Assim como uma rede no local multilocal tradicional pode precisar de ligar múltiplas sucursais a uma sede, também a rede de cloud híbrida envolve a utilização de tecnologias apropriadas para interligar diretamente os utilizadores, as aplicações e os dados no local a aplicações e dados alojados na cloud.

No nosso cenário, a Tailwind Traders tem de ser capaz de ligar as suas localizações no local de forma segura aos recursos que estão em execução no Azure. A Tailwind Traders precisa de o fazer para que, para a sua equipa, não haja nenhuma diferença real entre aceder a uma carga de trabalho em execução num datacenter no local da Tailwind Traders e num datacenter que esteja em execução no Azure.
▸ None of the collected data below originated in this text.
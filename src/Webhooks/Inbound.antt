-- ===== src/Webhooks/Inbound.antt =====
-- backend/app/integrations/webhooks.py, `accept_inbound_event`: the insertion of an event that was
-- authenticated. The payload, a JSON object, is its text. The database is PostgreSQL or SQLite.
use pulse_crm.Prelude.{
  ℕ, String, str_eq, strip, is_blank, is_text, Bool, true, false, not, ◌&&◌, ◌||◌, Option, none,
  some, List, ◌∷◌, ◌==◌, find?, any, Result, ok, value_error, runtime_error, raise_if, require,
  ◌>>=◌, ◌>>◌,
}
use pulse_crm.Webhooks.{VerifiedWebhook}

pub data InboundStatus : Type 0 where
  accepted processing processed failed : InboundStatus

pub record InboundEvent : Type 0 where
  pub id : ℕ
  pub workspace_id : ℕ
  pub channel_connection_id : Option ℕ
  pub source_key : String
  pub external_event_id : Option String
  pub idempotency_key : Option String
  pub request_digest : String
  pub payload : String
  pub status : InboundStatus
  pub received_at : ℕ

pub record InboundAcceptance : Type 0 where
  pub event : InboundEvent
  pub created : Bool

-- The keyword arguments of `accept_inbound_event`.
pub record InboundRequest : Type 0 where
  pub workspace_id : ℕ
  pub source_key : String
  pub verified : VerifiedWebhook
  pub payload : String
  pub channel_connection_id : Option ℕ
  pub external_event_id : Option String

unfoldable pub of_source : InboundRequest → InboundEvent → Bool
of_source r x = x.workspace_id == r.workspace_id && str_eq x.source_key r.source_key

-- The two unique keys.
unfoldable pub same_key : InboundRequest → InboundEvent → Bool
same_key r x = of_source r x && is_text x.idempotency_key r.verified.idempotency_key

unfoldable pub same_external : InboundRequest → String → InboundEvent → Bool
same_external r external x = of_source r x && is_text x.external_event_id external

unfoldable pub has_external : InboundRequest → Option String → InboundEvent → Bool
has_external r none x = false
has_external r (some external) x = same_external r external x

unfoldable pub conflicts : InboundRequest → InboundEvent → Bool
conflicts r x = same_key r x || has_external r r.external_event_id x

abbrev pub new_event : ℕ → ℕ → InboundRequest → InboundEvent
new_event id now r = record {
  id = id;
  workspace_id = r.workspace_id;
  channel_connection_id = r.channel_connection_id;
  source_key = r.source_key;
  external_event_id = r.external_event_id;
  idempotency_key = some r.verified.idempotency_key;
  request_digest = r.verified.request_digest;
  payload = r.payload;
  status = accepted;
  received_at = now;
}

-- The second query, for a provider's event identifier.
unfoldable pub find_external :
    InboundRequest → Option String → List InboundEvent → Option InboundEvent
find_external r none events = none
find_external r (some external) events = find? (same_external r external) events

unfoldable pub find_accepted :
    InboundRequest → Option InboundEvent → List InboundEvent → Option InboundEvent
find_accepted r (some x) events = some x
find_accepted r none events = find_external r r.external_event_id events

abbrev pub reused : String
reused = "Idempotency-Key was already used for another payload"

unfoldable pub settle_event :
    Option InboundEvent
    → InboundRequest
    → List InboundEvent
    → Result (InboundAcceptance × List InboundEvent)
settle_event found r events = do
  x ← require found (runtime_error "deduplicated inbound event could not be loaded")
  raise_if (not (str_eq x.request_digest r.verified.request_digest)) (value_error reused)
  ok (record { event = x; created = false }, events)

-- `INSERT .. ON CONFLICT DO NOTHING`, on either key.
unfoldable pub insert_event :
    Bool
    → ℕ
    → ℕ
    → InboundRequest
    → List InboundEvent
    → Result (InboundAcceptance × List InboundEvent)
insert_event true id now r events =
    settle_event (find_accepted r (find? (same_key r) events) events) r events
insert_event false id now r events =
    ok (record { event = new_event id now r; created = true }, new_event id now r ∷ events)

unfoldable pub accept_inbound_event :
    ℕ → ℕ → InboundRequest → List InboundEvent → Result (InboundAcceptance × List InboundEvent)
accept_inbound_event id now r events = do
  raise_if (is_blank (strip r.source_key)) (value_error "source_key must not be empty")
  insert_event (any (conflicts r) events) id now r events
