-- ===== src/Webhooks/Once.antt =====
-- An event is accepted once for its keys, and a key is not reused for another body.
use mathlib.Core.List.{Memᴰ}
use pulse_crm.Prelude.Table.Laws.{find?-test, find?-none-All, find?_of_any}
use pulse_crm.Prelude.Table.Members.{find?-mem, any-mem, mem-any, All-mem}
use pulse_crm.Prelude.{
  ℕ, ◌≡◌, ◌≢◌, refl, ◌∙◌, ◌⊎◌, inl, inr, String, str_eq, eq_iff, strip, is_blank, is_text_refl,
  true, false, Option, none, some, List, ◌∷◌, ==_refl, arith, Bool-cases, Option-cases, find?, any,
  Result, err, ok, value_error, raise_if-eq-ok,
}
use pulse_crm.Webhooks.Inbound.{
  InboundEvent, InboundAcceptance, InboundRequest, of_source, same_key, same_external, has_external,
  conflicts, new_event, find_external, find_accepted, reused, settle_event, insert_event,
  accept_inbound_event,
}

module _ (r : InboundRequest) where
  new_event-key : (id now : ℕ) → same_key r (new_event id now r) ≡ true
  unfolding same_key of_source
  new_event-key id now =
      let w = ==_refl r.workspace_id in
      let k = is_text_refl r.verified.idempotency_key in
      ground (arith, w, eq_iff r.source_key r.source_key, k)

  -- What a second query finds of a row that conflicts.
  find_accepted-mem :
      (events : List InboundEvent) {x : InboundEvent}
      → find_accepted r (find? (same_key r) events) events ≡ some x
      → Memᴰ x events × (conflicts r x ≡ true)
  unfolding find_accepted conflicts find_external has_external
  find_accepted-mem events {x} h = elim (Option-cases (find? (same_key r) events)) [
    | inr (y, e) ↦
        let same : y ≡ x = ground (arith, rw e at h) in
        let found : find? (same_key r) events ≡ some x = rw same at e in
        (
          find?-mem (same_key r) events found,
          let t = find?-test (same_key r) events found in ground (arith, t),
        )
    | inl e ↦ go r.external_event_id refl (rw e at h)
  ]
    where
      go :
          (o : Option String)
          → r.external_event_id ≡ o
          → find_external r o events ≡ some x
          → Memᴰ x events × (conflicts r x ≡ true)
      go none e h = cc h
      go (some external) e h =
          let t = find?-test (same_external r external) events h in
          (find?-mem (same_external r external) events h, rw e (ground (arith, t)))

  -- A row that conflicts is found.
  find_accepted-some :
      (events : List InboundEvent)
      → any (conflicts r) events ≡ true
      → (x : InboundEvent) × (find_accepted r (find? (same_key r) events) events ≡ some x)
  unfolding find_accepted conflicts find_external has_external
  find_accepted-some events h = elim (Option-cases (find? (same_key r) events)) [
    | inr (y, e) ↦ (y, rw e refl)
    | inl e ↦
        let (y, m, t) = any-mem (conflicts r) events h in
        let other : same_key r y ≡ false = All-mem _ (find?-none-All (same_key r) events e) m in
        let second : has_external r r.external_event_id y ≡ true = ground (arith, t, other) in
        rw e (go r.external_event_id y m second)
  ]
    where
      go :
          (o : Option String) (y : InboundEvent)
          → Memᴰ y events
          → has_external r o y ≡ true
          → (x : InboundEvent) × (find_external r o events ≡ some x)
      go none y m t = cc t
      go (some external) y m t =
          find?_of_any (same_external r external) events
            (mem-any (same_external r external) events m t)

  -- The three ways in which an event of a named source is taken.
  abbrev pub Settled :
      ℕ → ℕ → List InboundEvent → Result (InboundAcceptance × List InboundEvent) → Type 0
  Settled id now events result =
      ((any (conflicts r) events ≡ false)
        × (result
            ≡ ok (
              record { event = new_event id now r; created = true },
              new_event id now r ∷ events,
            )))
      ⊎ ((x : InboundEvent) × Memᴰ x events
          × (conflicts r x ≡ true)
          × (((x.request_digest ≡ r.verified.request_digest)
                × (result ≡ ok (record { event = x; created = false }, events)))
              ⊎ ((x.request_digest ≢ r.verified.request_digest)
                  × (result ≡ err (value_error reused)))))

  settle_event-cases :
      (x : InboundEvent) (events : List InboundEvent) (o : Option InboundEvent)
      → o ≡ some x
      → ((x.request_digest ≡ r.verified.request_digest)
          × (settle_event o r events ≡ ok (record { event = x; created = false }, events)))
        ⊎ ((x.request_digest ≢ r.verified.request_digest)
            × (settle_event o r events ≡ err (value_error reused)))
  unfolding settle_event
  settle_event-cases x events o found =
      elim (Bool-cases (str_eq x.request_digest r.verified.request_digest)) [
        | inl e ↦ inl ((eq_iff x.request_digest r.verified.request_digest).0 e, rw (found, e) refl)
        | inr e ↦ inr (
          (λ same. let t = (eq_iff x.request_digest r.verified.request_digest).1 same in cc (t, e)),
          rw (found, e) refl,
        )
      ]

-- An event of a named source is inserted if no event has its key or its provider's identifier.
-- Otherwise it is settled with one of those that have: returned as not created, with nothing
-- written, if the body's digest is the same, and refused as a conflict if it differs.
pub accept_inbound_event-Settled :
    (id now : ℕ) (r : InboundRequest) (events : List InboundEvent)
    → is_blank (strip r.source_key) ≡ false
    → Settled r id now events (accept_inbound_event id now r events)
unfolding accept_inbound_event insert_event
accept_inbound_event-Settled id now r events named = elim (Bool-cases (any (conflicts r) events)) [
  | inr e ↦ inl (e, rw (named, e) refl)
  | inl e ↦
      let (x, found) = find_accepted-some r events e in
      let (m, t) = find_accepted-mem r events found in
      let cases =
        settle_event-cases r x events (find_accepted r (find? (same_key r) events) events) found in
      inr (x, m, t, rw (named, e) cases)
]

-- An event that was accepted carries the digest of its body, and every retry of the request returns
-- that event as not created and writes nothing.
pub accept_inbound_event_again :
    (id now id' now' : ℕ) (r : InboundRequest) (events : List InboundEvent) (a : InboundAcceptance)
    (events' : List InboundEvent)
    → accept_inbound_event id now r events ≡ ok (a, events')
    → (a.event.request_digest ≡ r.verified.request_digest)
      × (accept_inbound_event id' now' r events'
          ≡ ok (record { event = a.event; created = false }, events'))
unfolding accept_inbound_event insert_event settle_event find_accepted conflicts any find?
accept_inbound_event_again id now id' now' r events a events' h =
    let unnamed = value_error "source_key must not be empty" in
    let (named, h1) = raise_if-eq-ok (is_blank (strip r.source_key)) unnamed _ h in
    let new = new_event id now r in
    let same_digest : str_eq r.verified.request_digest r.verified.request_digest ≡ true =
      (eq_iff r.verified.request_digest r.verified.request_digest).1 refl in
    elim (accept_inbound_event-Settled id now r events named) [
      | inl (free, result) ↦
          let acceptance : record { event = new; created = true } ≡ a = ground (arith, result, h) in
          let rows : new ∷ events ≡ events' = ground (arith, result, h) in
          rw (← acceptance, ← rows)
            (refl, let k = new_event-key r id now in rw (named, k) (rw (k, same_digest) refl))
      | inr (x, m, t, inl (d, result)) ↦
          let acceptance : record { event = x; created = false } ≡ a = ground (arith, result, h) in
          let rows : events ≡ events' = ground (arith, result, h) in
          let taken = mem-any (conflicts r) events m t in
          let again : accept_inbound_event id' now' r events
              ≡ accept_inbound_event id now r events =
            rw taken refl in
          rw (← acceptance, ← rows) (d, again ∙ result)
      | inr (x, m, t, inr (d, result)) ↦ cc (result, h)
    ]
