-- ===== src/Webhooks/Signed.antt =====
-- A signature is accepted within the replay window, and nothing else is.
use Prim.Native.Char.{code}
use text.Mathlib.TextLemmas.{cons-append, nil-append}
use pulse_crm.Prelude.{
  ℕ, ◌≤◌, ◌≡◌, ◌≢◌, refl, ◌∙◌, String, str_eq, eq_iff, text_append, text_length, is_blank, true,
  false, not, Option, some, ◌==◌, ==_refl, ltb, arith, or_else, Datetime, aware, aware_at, ok,
  value_error, require, >>=-eq-ok, raise_if-eq-ok, require-eq-ok,
}
use pulse_crm.Webhooks.{
  ℤ, written, moment, apart, VerifiedWebhook, WebhookRequest, is_idempotency_key, without,
  removeprefix, Runtime, webhook_signature, unix_timestamp, check_request, check_signature,
  verify_generic_webhook,
}

without-append : (p t : String) → without p (text_append p t) ≡ some t
unfolding without
without-append String.[] t = rw (nil-append t) refl
without-append (String.◌∷◌ c p) t =
    rw (cons-append c p t, ==_refl (code c), without-append p t) refl

removeprefix-append : (p t : String) → removeprefix p (text_append p t) ≡ t
unfolding removeprefix
removeprefix-append p t = rw (without-append p t) refl

-- A message authentication code is 64 lower case hexadecimal digits.
abbrev pub IsDigest : Runtime → String → Type 0
IsDigest env s = (text_length s ≡ 64) × (env.is_hex s ≡ true) × (env.lower s ≡ s)

-- What the sender signs.
abbrev pub message : Runtime → ℤ → String → String
message env timestamp body = text_append (env.str timestamp) (text_append "." body)

module _ (env : Runtime) (r : WebhookRequest) (timestamp : ℤ) where
  code_of : String
  code_of = env.hmac r.secret (message env timestamp r.body)

  signature-hmac :
      removeprefix "sha256=" (webhook_signature env r.secret timestamp r.body) ≡ code_of
  unfolding webhook_signature code_of
  signature-hmac = removeprefix-append "sha256=" (env.hmac r.secret (message env timestamp r.body))

  check_signature-own :
      r.signature ≡ webhook_signature env r.secret timestamp r.body
      → IsDigest env code_of
      → check_signature env r timestamp ≡ ok tt
  unfolding check_signature
  check_signature-own own (long, hex, low) =
      let same : str_eq code_of code_of ≡ true = (eq_iff code_of code_of).1 refl in
      rw (own, signature-hmac, low, long, hex, same) refl

  check_signature_sound :
      check_signature env r timestamp ≡ ok tt
      → env.lower (removeprefix "sha256=" r.signature) ≡ code_of
  unfolding check_signature
  check_signature_sound h =
      let normalized = env.lower (removeprefix "sha256=" r.signature) in
      let expected = removeprefix "sha256=" (webhook_signature env r.secret timestamp r.body) in
      let invalid = value_error "invalid webhook signature" in
      let (a, h1) = raise_if-eq-ok (not (text_length normalized == 64)) invalid _ h in
      let (b, h2) = raise_if-eq-ok (not (env.is_hex normalized)) invalid _ h1 in
      let same : str_eq normalized expected ≡ true = ground (arith, h2) in
      (eq_iff normalized expected).0 same ∙ signature-hmac

-- A request that is signed with the secret over its timestamp and body, and arrives within the
-- replay window with a key of printable characters, is verified: with its own timestamp and key and
-- the digest of its body. The digits of the signature are those of a digest, and the number of a
-- timestamp is read back from its text.
pub verify_generic_webhook-signed :
    (env : Runtime) (r : WebhookRequest) (timestamp : ℤ) (now clock replay_window : ℕ)
    → r.signature ≡ webhook_signature env r.secret timestamp r.body
    → r.timestamp ≡ written (env.str timestamp)
    → env.int (env.str timestamp) ≡ some timestamp
    → IsDigest env (env.hmac r.secret (message env timestamp r.body))
    → is_blank r.secret ≡ false
    → is_idempotency_key r.idempotency_key ≡ true
    → env.is_datetime timestamp ≡ true
    → replay_window ≢ 0
    → apart now (moment timestamp) ≤ replay_window
    → verify_generic_webhook env r (some (aware now)) clock replay_window
      ≡ ok (record {
        timestamp = moment timestamp;
        idempotency_key = r.idempotency_key;
        request_digest = env.sha256 r.body;
      })
unfolding verify_generic_webhook check_request unix_timestamp code_of check_signature
verify_generic_webhook-signed env r timestamp now clock replay_window own time read digest secret
      key dated window near =
    let signed = check_signature-own env r timestamp own digest in
    let open_window : (replay_window == 0) ≡ false = ground (arith, window) in
    let fresh : ltb replay_window (apart now (moment timestamp)) ≡ false = ground (arith, near) in
    rw (secret, open_window, key, time, read, dated, fresh, signed) refl

-- A request that is verified carries the message authentication code of its secret over its
-- timestamp and its body, was sent at most the replay window from now, and is recorded with that
-- timestamp, its key and the digest of its body.
pub verify_generic_webhook_sound :
    (env : Runtime) (r : WebhookRequest) (now : Option Datetime) (clock replay_window : ℕ)
    (v : VerifiedWebhook)
    → verify_generic_webhook env r now clock replay_window ≡ ok v
    → (timestamp : ℤ) × (current : ℕ) × (unix_timestamp env r.timestamp ≡ some timestamp)
      × (aware_at (or_else now (aware clock)) ≡ some current)
      × (apart current (moment timestamp) ≤ replay_window)
      × (env.lower (removeprefix "sha256=" r.signature)
          ≡ env.hmac r.secret (message env timestamp r.body))
      × (record {
        timestamp = moment timestamp;
        idempotency_key = r.idempotency_key;
        request_digest = env.sha256 r.body;
      }
          ≡ v)
unfolding verify_generic_webhook code_of
verify_generic_webhook_sound env r now clock replay_window v h =
    let (a, checked, h1) = >>=-eq-ok (check_request env r replay_window) _ h in
    let no_time = value_error "invalid webhook timestamp" in
    let (timestamp, read, h2) = >>=-eq-ok (require (unix_timestamp env r.timestamp) no_time) _ h1 in
    let (b, h3) = raise_if-eq-ok (not (env.is_datetime timestamp)) no_time _ h2 in
    let no_zone = value_error "now must be timezone-aware" in
    let (current, zoned, h4) =
      >>=-eq-ok (require (aware_at (or_else now (aware clock))) no_zone) _ h3 in
    let old = value_error "webhook timestamp is outside the replay window" in
    let (near, h5) =
      raise_if-eq-ok (ltb replay_window (apart current (moment timestamp))) old _ h4 in
    let (c, signed, done) = >>=-eq-ok (check_signature env r timestamp) _ h5 in
    (
      timestamp,
      current,
      require-eq-ok (unix_timestamp env r.timestamp) no_time read,
      require-eq-ok (aware_at (or_else now (aware clock))) no_zone zoned,
      ground (arith, near),
      check_signature_sound env r timestamp signed,
      ground (arith, done),
    )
Nesta unidade, irá saber mais sobre tecnologias de rede que permitem que os recursos no local e na cloud funcionem em rede numa única cloud híbrida.

O que é uma VPN do Azure?

Um gateway de VPN do Azure permite que ligue a sua rede no local ao Azure através de um túnel VPN seguro na Internet pública. As ligações VPN do Azure são como ligações VPN tradicionais que podem existir entre uma sucursal e a localização de uma sede. Cada rede virtual só pode ter um único gateway de VPN, mas cada gateway de VPN suporta múltiplas ligações.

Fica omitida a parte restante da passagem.